[Dataset entries]

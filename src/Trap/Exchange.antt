-- ===== src/Trap/Exchange.antt =====
-- The exchange of stack pointers, done twice.
use rvvp.Base.{
  Bool, if◌then◌else◌, ◌==◌, true, false, sym, refl, inl, inr, ℕ, false, ◌≡◌, inl, inr, arith,
}
use rvvp.Core.Privilege.{
  supervisor_mode, machine_mode, virtual_supervisor_mode, privilege_level_to_v,
}
use rvvp.Core.Result.{ok}
use rvvp.Trap.State.{Hart}
use rvvp.Trap.Stack.{
  swap_mtsp, swap_vstsp, swap_stsp, swap_htsp, swap_from_v, swap_from_user,
  stsp_swap_sp_on_mode_change,
}
use mathlib.Core.Path.{subst}
use rvvp.Base.Bits.{truth}
use rvvp.Base.{Bool-cases, not, ◌&&◌}

module _ {M : Type 0} where
  -- The registers that the exchange of stack pointers reads and writes.
  abbrev pub Stack : Hart M → Hart M → Type 0
  Stack h h' =
      (h'.sp ≡ h.sp)
      × (h'.m.tsp ≡ h.m.tsp)
      × (h'.s.tsp ≡ h.s.tsp)
      × (h'.vs.tsp ≡ h.vs.tsp)
      × (h'.htsp ≡ h.htsp)
      × (h'.mtsp_enabled ≡ h.mtsp_enabled)
      × (h'.vgtsp_enabled ≡ h.vgtsp_enabled)
      × (h'.htsp_enabled ≡ h.htsp_enabled)
      × (h'.stsp_enabled ≡ h.stsp_enabled)

  -- An exchange under a test, done twice, with other registers changed in between.
  twice_if :
      (swap : Hart M → Hart M) (flag : Hart M → Bool) (q : Bool) (h y : Hart M)
      → (Stack (swap h) y → Stack h (swap y))
      → (Stack (swap h) y → flag y ≡ flag h)
      → (Stack h y → flag y ≡ flag h)
      → Stack (if flag h && q then swap h else h) y
      → Stack h (if flag y && q then swap y else y)
  twice_if swap flag q h y twice swapped kept same = elim (Bool-cases (flag h && q)) [
    | inl yes_swap ↦
        let s : Stack (swap h) y = rw yes_swap at same in rw (swapped s, yes_swap) (twice s)
    | inr no_swap ↦ let s : Stack h y = rw no_swap at same in rw (kept s, no_swap) s
  ]

  m_twice :
      (p : ℕ) (h y : Hart M)
      → Stack (if h.mtsp_enabled && not (p == machine_mode) then swap_mtsp h else h) y
      → Stack h (if y.mtsp_enabled && not (p == machine_mode) then swap_mtsp y else y)
  unfolding swap_mtsp
  m_twice p h y =
      twice_if swap_mtsp (λ k. k.mtsp_enabled) (not (p == machine_mode)) h y
        (λ (sp, m, s, vs, htsp, f, g, i, j). (m, sp, s, vs, htsp, f, g, i, j)) (λ s. s.5) (λ s. s.5)

  vs_twice :
      (p : ℕ) (h y : Hart M)
      → Stack (if h.vgtsp_enabled && not (p == virtual_supervisor_mode) then swap_vstsp h else h) y
      → Stack h (if y.vgtsp_enabled && not (p == virtual_supervisor_mode) then swap_vstsp y else y)
  unfolding swap_vstsp
  vs_twice p h y =
      twice_if swap_vstsp (λ k. k.vgtsp_enabled) (not (p == virtual_supervisor_mode)) h y
        (λ (sp, m, s, vs, htsp, f, g, i, j). (vs, m, s, sp, htsp, f, g, i, j)) (λ s. s.6) (λ s. s.6)

  v_twice : (p : ℕ) (h y : Hart M) → Stack (swap_from_v p h) y → Stack h (swap_from_v p y)
  unfolding swap_from_v swap_htsp
  v_twice p h y =
      twice_if swap_htsp (λ k. k.htsp_enabled) (truth (privilege_level_to_v p)) h y
        (λ (sp, m, s, vs, htsp, f, g, i, j). (htsp, m, s, vs, sp, f, g, i, j)) (λ s. s.7) (λ s. s.7)

  user_twice : (p : ℕ) (h y : Hart M) → Stack (swap_from_user p h) y → Stack h (swap_from_user p y)
  unfolding swap_from_user swap_stsp
  user_twice p h y =
      twice_if swap_stsp (λ k. k.stsp_enabled)
        (not (truth (privilege_level_to_v p)) && not (p == supervisor_mode)) h y
        (λ (sp, m, s, vs, htsp, f, g, i, j). (s, m, sp, vs, htsp, f, g, i, j)) (λ s. s.8) (λ s. s.8)

  -- One of the two exchanges of the supervisor's mode does nothing.
  user_only : (p : ℕ) (h : Hart M) → truth (privilege_level_to_v p) ≡ false → swap_from_v p h ≡ h
  unfolding swap_from_v
  user_only p h user =
      rw user (elim (Bool-cases h.htsp_enabled) [ inl on ↦ rw on refl | inr off ↦ rw off refl ])

  v_only : (p : ℕ) (h : Hart M) → truth (privilege_level_to_v p) ≡ true → swap_from_user p h ≡ h
  unfolding swap_from_user
  v_only p h v =
      rw v (elim (Bool-cases h.stsp_enabled) [ inl on ↦ rw on refl | inr off ↦ rw off refl ])

  s_twice :
      (p : ℕ) (h y : Hart M)
      → Stack (swap_from_user p (swap_from_v p h)) y
      → Stack h (swap_from_user p (swap_from_v p y))
  s_twice p h y same = elim (Bool-cases (truth (privilege_level_to_v p))) [
    | inl v ↦
        subst (λ (w : Hart M). Stack h w) (sym (v_only p (swap_from_v p y) v))
          (v_twice p h y (subst (λ (w : Hart M). Stack w y) (v_only p (swap_from_v p h) v) same))
    | inr u ↦
        subst (λ (w : Hart M). Stack h (swap_from_user p w)) (sym (user_only p y u))
          (user_twice p h y
            (subst (λ (w : Hart M). Stack (swap_from_user p w) y) (user_only p h u) same))
  ]

  -- The exchange of a mode, as a function.
  exchanged : ℕ → ℕ → Hart M → Hart M
  unfolding swap_mtsp swap_vstsp swap_from_v swap_from_user
  exchanged t p h =
      if t == machine_mode
      then if h.mtsp_enabled && not (p == machine_mode) then swap_mtsp h else h
      else if t == virtual_supervisor_mode
      then if h.vgtsp_enabled && not (p == virtual_supervisor_mode) then swap_vstsp h else h
      else swap_from_user p (swap_from_v p h)

  exchanged-Stack : (t p : ℕ) (h y : Hart M) → Stack (exchanged t p h) y → Stack h (exchanged t p y)
  unfolding exchanged
  exchanged-Stack t p h y same = elim (Bool-cases (t == machine_mode)) [
    | inl m ↦ rw m (m_twice p h y (rw m at same))
    | inr other ↦ elim (Bool-cases (t == virtual_supervisor_mode)) [
      | inl vs ↦ rw (other, vs) (vs_twice p h y (rw (other, vs) at same))
      | inr s ↦ rw (other, s) (s_twice p h y (rw (other, s) at same))
    ]
  ]

  swap-exchanged :
      (t p : ℕ) (h x : Hart M) → stsp_swap_sp_on_mode_change t p h ≡ ok x → x ≡ exchanged t p h
  unfolding stsp_swap_sp_on_mode_change exchanged
  swap-exchanged t p h x e = ground arith

  pub exchange_twice :
      (t p : ℕ) (h x y z : Hart M)
      → stsp_swap_sp_on_mode_change t p h ≡ ok x
      → Stack x y
      → stsp_swap_sp_on_mode_change t p y ≡ ok z
      → Stack h z
  exchange_twice t p h x y z there same back =
      subst (λ (w : Hart M). Stack h w) (sym (swap-exchanged t p y z back))
        (exchanged-Stack t p h y
          (subst (λ (w : Hart M). Stack w y) (swap-exchanged t p h x there) same))
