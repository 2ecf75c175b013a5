-- ===== src/Bank/Atm/Laws.antt =====
-- atm.c: an ATM sends its own messages of a trace, in order, and no others.
use projects_in_c.Base.{
  ℕ, zero, suc, ◌+◌, ◌≤◌, ◌<◌, ◌≡◌, ◌⊎◌, inl, inr, refl, sym, ap, ◌∙◌, List, [], ◌∷◌, ◌++◌, some,
  true, false, ◌==◌, if◌then◌else◌, length, arith, append_assoc, append-nil, Bool-cases,
}
use projects_in_c.Base.Words.{word, slt, IsNat}
use projects_in_c.Bank.Command.{Command, message_size, cmd_unpack, cmd_ok, cmd_nofunds, cmd_accunkn}
use projects_in_c.Bank.Errors.{Errors, success}
use projects_in_c.Bank.Trace.{Trace, trace_read_cmd}
use projects_in_c.Bank.Trace.Format.{body, trace_bytes, read_cmd-cons, read_cmd-nil, trace_open_lem}
use projects_in_c.Bank.Atm.{
  Exchange, AtmState, continue, check_pipe_write, check_pipe_read, reply_status, is_request, send,
  atm, after_status, round, atm_loop, atm_run,
}

-- The pipes carried both messages whole, and the reply is one that the server gives.
pub record IsComplete (x : Exchange) : Type 0 where
  pub wrote_all : message_size ≤ x.wrote
  pub wrote_nat : IsNat x.wrote
  pub got_all : message_size ≤ x.got
  pub got_nat : IsNat x.got
  pub answer :
      ((cmd_unpack x.answer).c ≡ cmd_ok)
      ⊎ ((cmd_unpack x.answer).c ≡ cmd_nofunds)
      ⊎ ((cmd_unpack x.answer).c ≡ cmd_accunkn)

abbrev pub AllComplete : List Exchange → Type 0
AllComplete [] = Unit
AllComplete (x ∷ xs) = IsComplete x × AllComplete xs

-- The messages of a trace that are for the ATM.
abbrev pub own : ℕ → List Command → List Command
own atm_id [] = []
own atm_id (m ∷ ms) = if atm_id == (cmd_unpack m).i then m ∷ own atm_id ms else own atm_id ms

abbrev pub AllRequests : List Command → Type 0
AllRequests [] = Unit
AllRequests (m ∷ ms) = (is_request (cmd_unpack m).c ≡ true) × AllRequests ms

write_full : (n : ℕ) (e : Errors) → message_size ≤ n → IsNat n → check_pipe_write n e ≡ (success, e)
unfolding check_pipe_write slt
write_full n e h s = ground arith

read_full : (n : ℕ) (e : Errors) → message_size ≤ n → IsNat n → check_pipe_read n e ≡ (success, e)
unfolding check_pipe_read slt
read_full n e h s = ground arith

-- A message for another ATM is passed over.
round-other :
    (atm_id : ℕ) (m : Command) (s : AtmState)
    → (atm_id == (cmd_unpack m).i) ≡ false
    → round atm_id m s ≡ (continue, s)
unfolding round atm after_status
round-other atm_id m s e = rw e

-- After a complete exchange the loop goes on.
round-own :
    (atm_id : ℕ) (m : Command) (s : AtmState) (x : Exchange) (xs : List Exchange)
    → (atm_id == (cmd_unpack m).i) ≡ true
    → is_request (cmd_unpack m).c ≡ true
    → s.exchanges ≡ x ∷ xs
    → IsComplete x
    → let (next, s') = round atm_id m s in
      (next ≡ continue) × (s'.exchanges ≡ xs) × (s'.outbox ≡ s.outbox ++ m ∷ [])
unfolding round atm send after_status reply_status
round-own atm_id m s x xs e r ex c =
    rw
      (
        e,
        r,
        ex,
        write_full x.wrote s.errors c.wrote_all c.wrote_nat,
        read_full x.got s.errors c.got_all c.got_nat,
      )
      (ground (arith, c.answer))

-- What a run leaves: the ATM's messages were sent in order, each with an exchange.
pub record Sent (atm_id : ℕ) (cmds : List Command) (s s' : AtmState) : Type 0 where
  pub outbox : s'.outbox ≡ s.outbox ++ own atm_id cmds
  pub used : length s'.exchanges + length (own atm_id cmds) ≡ length s.exchanges

loop_end :
    (fuel atm_id : ℕ) (cmd : Command) (t : Trace) (s : AtmState)
    → t.tracefd ≡ some []
    → atm_loop (suc fuel) atm_id cmd t s ≡ (some success, s)
unfolding atm_loop
loop_end fuel atm_id cmd t s e = let (n, en, end) = read_cmd-nil cmd t e in ground (arith, en, end)

loop_step :
    (fuel atm_id : ℕ) (cmd m : Command) (t t' : Trace) (s : AtmState)
    → trace_read_cmd cmd t ≡ (some message_size, m, t')
    → (round atm_id m s).0 ≡ continue
    → atm_loop (suc fuel) atm_id cmd t s ≡ atm_loop fuel atm_id m t' (round atm_id m s).1
unfolding atm_loop
loop_step fuel atm_id cmd m t t' s e c = ground (arith, e, c)

-- The loop ends with success, and has sent the ATM's messages among `cmds`.
abbrev Runs : ℕ → ℕ → Command → Trace → AtmState → List Command → Type 0
Runs fuel atm_id cmd t s cmds =
    (s' : AtmState) × (atm_loop fuel atm_id cmd t s ≡ (some success, s')) × Sent atm_id cmds s s'

abbrev behind : Trace → List Command → Trace
behind t ms = record t { tracefd = some (body ms) }

-- One round in front of a run.
module _ (fuel atm_id : ℕ) (cmd m : Command) (ms : List Command) (t : Trace) (s : AtmState)
    (e : t.tracefd ≡ some (body (m ∷ ms))) where
  pass_over :
      (atm_id == (cmd_unpack m).i) ≡ false
      → Runs fuel atm_id m (behind t ms) s ms
      → Runs (suc fuel) atm_id cmd t s (m ∷ ms)
  pass_over other (s', run, sent) =
      let same = round-other atm_id m s other in
      (
        s',
        loop_step fuel atm_id cmd m t (behind t ms) s (read_cmd-cons m cmd (body ms) t e)
              (ap (λ z. z.0) same)
            ∙ ap (λ z. atm_loop fuel atm_id m (behind t ms) z.1) same
            ∙ run,
        record { outbox = rw other sent.outbox; used = rw other sent.used },
      )

  serve :
      (x : Exchange) (xs : List Exchange)
      → (atm_id == (cmd_unpack m).i) ≡ true
      → is_request (cmd_unpack m).c ≡ true
      → s.exchanges ≡ x ∷ xs
      → IsComplete x
      → (((round atm_id m s).1.exchanges ≡ xs)
          → Runs fuel atm_id m (behind t ms) (round atm_id m s).1 ms)
      → Runs (suc fuel) atm_id cmd t s (m ∷ ms)
  serve x xs mine r ex c rest_runs =
      let (go, rest, out) = round-own atm_id m s x xs mine r ex c in
      let (s', run, sent) = rest_runs rest in
      (
        s',
        loop_step fuel atm_id cmd m t (behind t ms) s (read_cmd-cons m cmd (body ms) t e) go ∙ run,
        record {
          outbox = rw mine (
              sent.outbox
              ∙ ap (λ o. o ++ own atm_id ms) out
              ∙ append_assoc s.outbox (m ∷ []) (own atm_id ms));
          used = rw mine (omega (arith, sent.used, ap length rest, ap length ex));
        },
      )

atm_loop-Sent :
    (cmds : List Command) (xs : List Exchange) (fuel atm_id : ℕ) (cmd : Command) (t : Trace)
    (s : AtmState)
    → length cmds < fuel
    → t.tracefd ≡ some (body cmds)
    → s.exchanges ≡ xs
    → AllComplete xs
    → AllRequests (own atm_id cmds)
    → length (own atm_id cmds) ≤ length xs
    → Runs fuel atm_id cmd t s cmds
atm_loop-Sent cmds xs zero atm_id cmd t s h e ex c r enough = absurd (omega arith)
atm_loop-Sent [] xs (suc fuel) atm_id cmd t s h e ex c r enough = (
  s,
  loop_end fuel atm_id cmd t s e,
  record { outbox = sym (append-nil s.outbox); used = omega arith },
)
atm_loop-Sent (m ∷ ms) [] (suc fuel) atm_id cmd t s h e ex c r enough =
    elim (Bool-cases (atm_id == (cmd_unpack m).i)) [
      | inr other ↦ pass_over fuel atm_id cmd m ms t s e other (
          atm_loop-Sent ms [] fuel atm_id m (behind t ms) s (omega arith) refl ex c (rw other at r)
            (rw other at enough))
      | inl mine ↦
          let none_left : length (m ∷ own atm_id ms) ≤ 0 = rw mine at enough in absurd (omega arith)
    ]
atm_loop-Sent (m ∷ ms) (x ∷ xs) (suc fuel) atm_id cmd t s h e ex c r enough =
    elim (Bool-cases (atm_id == (cmd_unpack m).i)) [
      | inr other ↦ pass_over fuel atm_id cmd m ms t s e other (
          atm_loop-Sent ms (x ∷ xs) fuel atm_id m (behind t ms) s (omega arith) refl ex c
            (rw other at r) (rw other at enough))
      | inl mine ↦
          let (request, others) : (is_request (cmd_unpack m).c ≡ true)
              × AllRequests (own atm_id ms) =
            rw mine at r in
          let left : length (m ∷ own atm_id ms) ≤ length (x ∷ xs) = rw mine at enough in
          serve fuel atm_id cmd m ms t s e x xs mine request ex c.0 (λ rest.
            atm_loop-Sent ms xs fuel atm_id m (behind t ms) (round atm_id m s).1 (omega arith) refl
              rest c.1 others (omega arith))
    ]

-- On a whole trace file whose messages for the ATM are all requests, with a complete exchange for
-- each of them and fuel for one round more than there are messages, the ATM ends with success,
-- and has sent exactly its own messages, in the order of the trace.
pub atm_run-own :
    (atms accounts atm_id fuel : ℕ) (cmds : List Command) (cmd : Command) (s : AtmState)
    → atms < word
    → accounts < word
    → length cmds < fuel
    → AllComplete s.exchanges
    → AllRequests (own atm_id cmds)
    → length (own atm_id cmds) ≤ length s.exchanges
    → (s' : AtmState) × (atm_run fuel (some (trace_bytes atms accounts cmds)) atm_id cmd s
        ≡ (some success, s'))
      × Sent atm_id cmds s s'
unfolding atm_run
atm_run-own atms accounts atm_id fuel cmds cmd s ha hc h c r enough =
    let t : Trace = record { tracefd = some (body cmds); atm_cnt = atms; account_cnt = accounts } in
    let (s', run, sent) =
      atm_loop-Sent cmds s.exchanges fuel atm_id cmd t s h refl refl c r enough in
    (s', ground (arith, trace_open_lem atms accounts cmds ha hc, run), sent)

Aim of the task>
Would you output, unchanged, each line from the start of the records to the line that holds "swap_mtsp h else h) y", both included and nothing else?

Exercise output>
filename src/Trap/Exchange.antt
-- ===== src/Trap/Exchange.antt =====
-- The exchange of stack pointers, done twice.
use rvvp.Base.{
  Bool, if◌then◌else◌, ◌==◌, true, false, sym, refl, inl, inr, ℕ, false, ◌≡◌, inl, inr, arith,
}
use rvvp.Core.Privilege.{
  supervisor_mode, machine_mode, virtual_supervisor_mode, privilege_level_to_v,
}
use rvvp.Core.Result.{ok}
use rvvp.Trap.State.{Hart}
use rvvp.Trap.Stack.{
  swap_mtsp, swap_vstsp, swap_stsp, swap_htsp, swap_from_v, swap_from_user,
  stsp_swap_sp_on_mode_change,
}
use mathlib.Core.Path.{subst}
use rvvp.Base.Bits.{truth}
use rvvp.Base.{Bool-cases, not, ◌&&◌}

module _ {M : Type 0} where
  -- The registers that the exchange of stack pointers reads and writes.
  abbrev pub Stack : Hart M → Hart M → Type 0
  Stack h h' =
      (h'.sp ≡ h.sp)
      × (h'.m.tsp ≡ h.m.tsp)
      × (h'.s.tsp ≡ h.s.tsp)
      × (h'.vs.tsp ≡ h.vs.tsp)
      × (h'.htsp ≡ h.htsp)
      × (h'.mtsp_enabled ≡ h.mtsp_enabled)
      × (h'.vgtsp_enabled ≡ h.vgtsp_enabled)
      × (h'.htsp_enabled ≡ h.htsp_enabled)
      × (h'.stsp_enabled ≡ h.stsp_enabled)

  -- An exchange under a test, done twice, with other registers changed in between.
  twice_if :
      (swap : Hart M → Hart M) (flag : Hart M → Bool) (q : Bool) (h y : Hart M)
      → (Stack (swap h) y → Stack h (swap y))
      → (Stack (swap h) y → flag y ≡ flag h)
      → (Stack h y → flag y ≡ flag h)
      → Stack (if flag h && q then swap h else h) y
      → Stack h (if flag y && q then swap y else y)
  twice_if swap flag q h y twice swapped kept same = elim (Bool-cases (flag h && q)) [
    | inl yes_swap ↦
        let s : Stack (swap h) y = rw yes_swap at same in rw (swapped s, yes_swap) (twice s)
    | inr no_swap ↦ let s : Stack h y = rw no_swap at same in rw (kept s, no_swap) s
  ]

  m_twice :
      (p : ℕ) (h y : Hart M)
      → Stack (if h.mtsp_enabled && not (p == machine_mode) then swap_mtsp h else h) y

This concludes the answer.